» WHAT THE TASK REQUIRES
Word for word, restate the lines from the start of the data below through the line containing "chosen_group pin s = record".

START DATA EXCERPTS

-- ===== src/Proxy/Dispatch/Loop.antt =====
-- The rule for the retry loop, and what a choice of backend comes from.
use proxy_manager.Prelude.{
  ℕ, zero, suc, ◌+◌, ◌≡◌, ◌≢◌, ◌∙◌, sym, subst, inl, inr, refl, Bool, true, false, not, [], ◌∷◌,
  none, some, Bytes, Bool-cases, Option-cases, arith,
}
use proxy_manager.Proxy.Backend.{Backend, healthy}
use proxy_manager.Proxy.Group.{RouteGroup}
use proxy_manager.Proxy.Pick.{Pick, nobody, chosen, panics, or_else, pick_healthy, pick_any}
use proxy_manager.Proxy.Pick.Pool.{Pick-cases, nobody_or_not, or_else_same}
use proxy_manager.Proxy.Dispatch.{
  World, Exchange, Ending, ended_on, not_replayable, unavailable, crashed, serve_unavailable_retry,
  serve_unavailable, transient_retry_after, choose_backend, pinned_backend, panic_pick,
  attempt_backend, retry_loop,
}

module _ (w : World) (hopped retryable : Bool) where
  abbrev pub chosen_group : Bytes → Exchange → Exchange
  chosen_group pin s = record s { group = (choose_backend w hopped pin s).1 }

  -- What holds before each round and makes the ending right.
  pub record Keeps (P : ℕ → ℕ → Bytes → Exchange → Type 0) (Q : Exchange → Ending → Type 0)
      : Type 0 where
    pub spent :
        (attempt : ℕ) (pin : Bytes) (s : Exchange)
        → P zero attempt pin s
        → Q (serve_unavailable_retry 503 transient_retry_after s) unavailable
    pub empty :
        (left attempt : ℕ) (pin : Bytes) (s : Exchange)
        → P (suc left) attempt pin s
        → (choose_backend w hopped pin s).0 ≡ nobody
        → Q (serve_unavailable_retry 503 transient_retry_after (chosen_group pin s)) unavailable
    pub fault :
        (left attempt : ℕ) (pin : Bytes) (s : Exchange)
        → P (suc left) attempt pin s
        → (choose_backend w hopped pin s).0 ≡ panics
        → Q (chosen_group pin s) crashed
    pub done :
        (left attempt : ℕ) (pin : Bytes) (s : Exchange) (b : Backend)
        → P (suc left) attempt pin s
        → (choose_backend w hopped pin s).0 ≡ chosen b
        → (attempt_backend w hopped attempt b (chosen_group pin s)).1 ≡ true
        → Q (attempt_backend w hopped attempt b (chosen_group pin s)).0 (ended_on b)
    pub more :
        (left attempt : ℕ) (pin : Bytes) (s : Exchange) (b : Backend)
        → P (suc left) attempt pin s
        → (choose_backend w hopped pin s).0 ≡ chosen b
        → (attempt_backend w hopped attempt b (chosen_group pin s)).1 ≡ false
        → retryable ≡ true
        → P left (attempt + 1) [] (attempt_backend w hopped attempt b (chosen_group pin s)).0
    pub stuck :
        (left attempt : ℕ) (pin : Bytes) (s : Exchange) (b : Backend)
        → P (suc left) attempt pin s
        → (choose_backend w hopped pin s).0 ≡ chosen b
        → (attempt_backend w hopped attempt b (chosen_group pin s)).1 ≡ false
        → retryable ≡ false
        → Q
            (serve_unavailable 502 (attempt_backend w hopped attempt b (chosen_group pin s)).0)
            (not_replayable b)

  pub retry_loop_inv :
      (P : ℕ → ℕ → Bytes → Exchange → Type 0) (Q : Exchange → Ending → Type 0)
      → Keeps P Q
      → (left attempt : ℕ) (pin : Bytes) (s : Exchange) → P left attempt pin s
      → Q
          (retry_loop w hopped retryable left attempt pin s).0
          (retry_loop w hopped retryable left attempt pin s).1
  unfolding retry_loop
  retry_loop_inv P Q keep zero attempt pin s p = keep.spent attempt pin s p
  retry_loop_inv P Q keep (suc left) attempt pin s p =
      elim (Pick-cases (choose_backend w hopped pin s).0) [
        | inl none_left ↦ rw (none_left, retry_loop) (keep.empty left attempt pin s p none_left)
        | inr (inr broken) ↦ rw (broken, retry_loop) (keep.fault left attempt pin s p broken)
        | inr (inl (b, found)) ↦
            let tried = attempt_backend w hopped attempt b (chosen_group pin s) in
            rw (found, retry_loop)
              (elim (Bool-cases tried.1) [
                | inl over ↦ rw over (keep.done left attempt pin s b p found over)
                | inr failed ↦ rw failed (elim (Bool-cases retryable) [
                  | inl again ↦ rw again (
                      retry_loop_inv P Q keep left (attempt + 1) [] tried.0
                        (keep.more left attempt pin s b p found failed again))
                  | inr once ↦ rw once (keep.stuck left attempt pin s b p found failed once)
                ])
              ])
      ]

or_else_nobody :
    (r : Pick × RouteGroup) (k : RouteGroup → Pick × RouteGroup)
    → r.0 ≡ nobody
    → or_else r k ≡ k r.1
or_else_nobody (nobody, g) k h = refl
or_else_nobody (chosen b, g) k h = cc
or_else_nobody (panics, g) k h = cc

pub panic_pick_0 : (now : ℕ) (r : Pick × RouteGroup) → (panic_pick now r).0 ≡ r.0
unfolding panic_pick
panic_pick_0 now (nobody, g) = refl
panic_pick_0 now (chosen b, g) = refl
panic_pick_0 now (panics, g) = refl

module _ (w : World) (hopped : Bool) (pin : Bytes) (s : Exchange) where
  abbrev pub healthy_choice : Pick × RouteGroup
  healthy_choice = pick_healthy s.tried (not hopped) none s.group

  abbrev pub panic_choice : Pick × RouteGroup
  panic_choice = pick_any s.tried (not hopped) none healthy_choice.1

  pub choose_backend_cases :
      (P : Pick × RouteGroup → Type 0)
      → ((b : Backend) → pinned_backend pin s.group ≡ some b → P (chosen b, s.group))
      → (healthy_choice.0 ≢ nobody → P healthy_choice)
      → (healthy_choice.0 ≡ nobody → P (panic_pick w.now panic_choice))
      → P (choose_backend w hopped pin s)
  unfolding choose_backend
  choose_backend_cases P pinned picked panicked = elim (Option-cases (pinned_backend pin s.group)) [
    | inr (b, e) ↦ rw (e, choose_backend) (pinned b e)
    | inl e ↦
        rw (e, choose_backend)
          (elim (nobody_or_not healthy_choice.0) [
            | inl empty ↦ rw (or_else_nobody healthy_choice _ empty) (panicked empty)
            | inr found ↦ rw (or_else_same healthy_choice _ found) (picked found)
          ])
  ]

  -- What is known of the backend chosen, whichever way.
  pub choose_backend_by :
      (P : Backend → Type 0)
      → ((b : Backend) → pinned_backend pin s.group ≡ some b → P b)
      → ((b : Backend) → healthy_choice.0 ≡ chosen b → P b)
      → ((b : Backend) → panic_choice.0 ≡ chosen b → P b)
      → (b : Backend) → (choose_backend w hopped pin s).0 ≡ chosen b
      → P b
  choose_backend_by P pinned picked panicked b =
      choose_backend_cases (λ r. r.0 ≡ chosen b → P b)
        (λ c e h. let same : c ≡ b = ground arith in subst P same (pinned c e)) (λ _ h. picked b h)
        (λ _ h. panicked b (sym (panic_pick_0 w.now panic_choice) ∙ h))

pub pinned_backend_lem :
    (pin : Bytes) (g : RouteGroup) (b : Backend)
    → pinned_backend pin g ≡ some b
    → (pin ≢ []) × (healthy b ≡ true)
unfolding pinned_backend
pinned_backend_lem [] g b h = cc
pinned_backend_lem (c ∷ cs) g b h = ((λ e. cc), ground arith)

END DATA EXCERPTS

» WRITTEN RESPONSE
-- ===== src/Proxy/Dispatch/Loop.antt =====
-- The rule for the retry loop, and what a choice of backend comes from.
use proxy_manager.Prelude.{
  ℕ, zero, suc, ◌+◌, ◌≡◌, ◌≢◌, ◌∙◌, sym, subst, inl, inr, refl, Bool, true, false, not, [], ◌∷◌,
  none, some, Bytes, Bool-cases, Option-cases, arith,
}
use proxy_manager.Proxy.Backend.{Backend, healthy}
use proxy_manager.Proxy.Group.{RouteGroup}
use proxy_manager.Proxy.Pick.{Pick, nobody, chosen, panics, or_else, pick_healthy, pick_any}
use proxy_manager.Proxy.Pick.Pool.{Pick-cases, nobody_or_not, or_else_same}
use proxy_manager.Proxy.Dispatch.{
  World, Exchange, Ending, ended_on, not_replayable, unavailable, crashed, serve_unavailable_retry,
  serve_unavailable, transient_retry_after, choose_backend, pinned_backend, panic_pick,
  attempt_backend, retry_loop,
}

module _ (w : World) (hopped retryable : Bool) where
  abbrev pub chosen_group : Bytes → Exchange → Exchange
  chosen_group pin s = record s { group = (choose_backend w hopped pin s).1 }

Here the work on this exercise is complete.